It’s the larger things. Like, in that second season, he would do relatively innocent lines, and put a sort of sexual smirk to them. Which got a huge laugh from the audience, but undermined the character.

But you know, when you’re lucky enough to have someone like Robin Williams saying your lines, you just bless the lord every day. You don’t want to get in his way too much—you have to simultaneously serve him as much as possible, but also recognize there’s a show and a premise that have to keep going forward, and could get undermined by too much of that smirk.

The hour-long season two opener

David Misch:

[Dale McRaven’s ambitions to make the show more science-fictional] came out fully in the opening episodes of season two. Which was an hour-long science fiction episode. Mork is somehow on a planet where laughing is forbidden, or something like that.

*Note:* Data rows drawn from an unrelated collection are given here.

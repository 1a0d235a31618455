-- ===== src/Redis/Handlers.antt =====
-- operator/rediscontroller: observe.go, create.go, update.go, delete.go and settings.go.
use provider_exoscale.Prelude.{
  String, Bool, ◌&&◌, List, [], ◌∷◌, none, some, wrap, Result, ok, err, panic, map_err, ◌>>=◌,
}
use provider_exoscale.Json.{JsonCodec, bool_eq}
use provider_exoscale.Api.{Notification, Crossplane, CaseFold, equals_maintenance, equals_size}
use provider_exoscale.Managed.{ConnectionDetails, ExternalObservation}
use provider_exoscale.Mapper.Sets.{is_same_string_set}
use provider_exoscale.Mapper.Compare.{compare_settings}
use provider_exoscale.Mapper.Conversions.{deref_false, to_node_states, to_notifications}
use provider_exoscale.Dbaas.{
  or_nil, set_state, deref_maintenance, first_uri, or_given, noted, submit, map_sent, created,
  absent_or, exists_as, settings_with_defaults, decoded_settings,
}
use provider_exoscale.Redis.{
  RedisParameters, RedisObservation, Redis, get_instance_name, ServiceRedis, Request, RedisApi,
}

-- RedisObservation{}.
abbrev pub empty_observation : RedisObservation
empty_observation = record {
  version = "";
  redis_settings = record { raw = "" };
  node_states = [];
  notifications = [];
}

-- The checks of isUpToDate whose comparison cannot panic.
abbrev pub same_fields : CaseFold → RedisParameters → RedisParameters → Bool
same_fields u current external =
    is_same_string_set current.dbaas.ip_filter (some external.dbaas.ip_filter)
    && (equals_maintenance current.maintenance external.maintenance
        && (equals_size u current.dbaas.size external.dbaas.size
            && bool_eq current.dbaas.termination_protection external.dbaas.termination_protection))

-- isUpToDate, on an external state that is not nil.
unfoldable pub is_up_to_date :
    JsonCodec → CaseFold → RedisParameters → RedisParameters → Result Bool
is_up_to_date codec u current external =
    compare_settings codec current.redis_settings external.redis_settings >>= λ same_settings.
    ok (same_fields u current external && same_settings)

module _ {S W : Type 0} (codec : JsonCodec) (api : RedisApi S W) where
  -- The observation with its notifications.
  abbrev pub with_notifications : ServiceRedis S → String → List Notification → RedisObservation
  with_notifications i raw ns = record {
    version = i.version;
    redis_settings = record { raw = raw };
    node_states = or_nil (to_node_states (some i.node_states));
    notifications = ns;
  }

  abbrev pub observed : ServiceRedis S → Result String → Result RedisObservation
  observed i (err e) = ok empty_observation
  observed i (panic p) = panic p
  observed i (ok raw) =
      noted (with_notifications i raw) (with_notifications i raw [])
        (to_notifications codec (some i.notifications))

  -- mapObservation, with what its caller keeps of it: the returned error is logged only.
  unfoldable pub map_observation : ServiceRedis S → Result RedisObservation
  map_observation i = observed i (api.marshal_settings i.redis_settings)

  -- mapParameters.
  unfoldable pub map_parameters : ServiceRedis S → String → Result RedisParameters
  map_parameters i zone =
      map_err (wrap "cannot parse redisInstance settings: %w")
        (api.marshal_settings i.redis_settings)
      >>= λ raw. deref_maintenance i.maintenance >>= λ m. ok (record {
        maintenance = record { day_of_week = m.dow; time_of_day = m.time };
        zone = zone;
        dbaas = record {
          termination_protection = deref_false i.termination_protection;
          size = record { plan = i.plan };
          ip_filter = i.ip_filter;
        };
        redis_settings = record { raw = raw };
      })

  abbrev url_details : String → W → ServiceRedis S → Result ConnectionDetails
  url_details uri w i = do
    parsed ← map_err (wrap "cannot parse connection URI: %w") (api.parse_url uri)
    password ←
        map_err (wrap "cannot reveal password for Redis instance: %w")
          (api.reveal_user_password i.name parsed.username w)
    ok (
        ("REDIS_HOST", parsed.hostname)
        ∷ ("REDIS_PORT", parsed.port)
        ∷ ("REDIS_USERNAME", parsed.username)
        ∷ ("REDIS_PASSWORD", password)
        ∷ ("REDIS_URL", uri)
        ∷ [])

  -- connectionDetails.
  unfoldable pub connection_details : ServiceRedis S → W → Result ConnectionDetails
  connection_details i w = elim (first_uri i.uri i.connection_info) [
    | none ↦ ok []
    | some uri ↦ url_details uri w i
  ]

  -- setSettingsDefaults, with fetchSettingSchema.
  unfoldable pub set_settings_defaults : RedisParameters → W → Result RedisParameters
  unfolding settings_with_defaults
  set_settings_defaults params w =
      settings_with_defaults codec api "redis" params.redis_settings w >>= λ settings.
      ok (record params { redis_settings = settings })

  abbrev pub body_with : RedisParameters → S → Request S
  body_with spec settings = record {
    maintenance = record {
      dow = spec.maintenance.day_of_week;
      time = spec.maintenance.time_of_day;
    };
    termination_protection = spec.dbaas.termination_protection;
    plan = spec.dbaas.size.plan;
    ip_filter = spec.dbaas.ip_filter;
    redis_settings = settings;
  }

  -- The body of Create and of Update.
  abbrev pub request : RedisParameters → Result (Request S)
  request spec =
      decoded_settings codec api (wrap "cannot map redisInstance settings: %w")
        spec.redis_settings.raw
      >>= λ settings. ok (body_with spec settings)

  abbrev pub send_create : Redis → Request S → W → W × Result (Unit {0})
  send_create i body w =
      created api.error_text (wrap "unable to create instance: %w")
        (api.create_service (get_instance_name i) body w)

  unfoldable pub create : Redis → W → W × Result (Unit {0})
  create i = submit (request i.for_provider) (send_create i)

  abbrev pub send_update : Redis → Request S → W → W × Result (Unit {0})
  send_update i body w =
      map_sent (wrap "unable to create instance: %w")
        (api.update_service (get_instance_name i) body w)

  unfoldable pub update : Redis → W → W × Result (Unit {0})
  update i = submit (request i.for_provider) (send_update i)

  unfoldable pub delete : Redis → W → W × Result (Unit {0})
  delete i w =
      map_sent (wrap "cannot delete instance: %w") (api.delete_service (get_instance_name i) w)

  module _ (xp : Crossplane) (u : CaseFold) where
    -- The observation, once the status is set.
    abbrev pub answer : RedisParameters → ServiceRedis S → W → Result ExternalObservation
    answer given service w = map_parameters service given.zone >>= λ params.
        map_err (wrap "unable to parse connection details: %w") (connection_details service w)
        >>= λ details. or_given given (set_settings_defaults given w) >>= λ current.
            is_up_to_date codec u current params >>= λ same. ok (exists_as same details "")

    abbrev pub status_set :
        Redis → ServiceRedis S → W → Result RedisObservation → Redis × Result ExternalObservation
    status_set i service w (ok o) = (
      record i { at_provider = o; conditions = set_state xp service.state i.conditions },
      answer i.for_provider service w,
    )
    status_set i service w (err e) = (i, err e)
    status_set i service w (panic p) = (i, panic p)

    -- What follows GetDBAASServiceRedis.
    abbrev pub service_read :
        Redis → W → Result (ServiceRedis S) → Redis × Result ExternalObservation
    service_read i w (ok service) = status_set i service w (map_observation service)
    service_read i w (err e) =
        (i, absent_or api.is_not_found (wrap "unable to observe instance: %w") e)
    service_read i w (panic p) = (i, panic p)

    -- Observe; no call of it changes the service.
    unfoldable pub observe : Redis → W → Redis × Result ExternalObservation
    observe i w = service_read i w (api.get_service (get_instance_name i) w)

And it was very scifi. It was shot scifi, and the whole plot was scifi, and it wasn’t the kind of standard sitcom thing. This episode, in my memory, was a disaster. It ended up, I think, not being fish or fowl. It wasn’t scifi in a way that a real scifi show would be, and the audience that came to it was expecting jokes. And there were very few standard jokes in it. So I think it was a noble experiment. And I know that it was key to Dale’s wanting to make it more of a scifi show—which was something I think we all supported—but that just didn’t work. And we quickly retreated.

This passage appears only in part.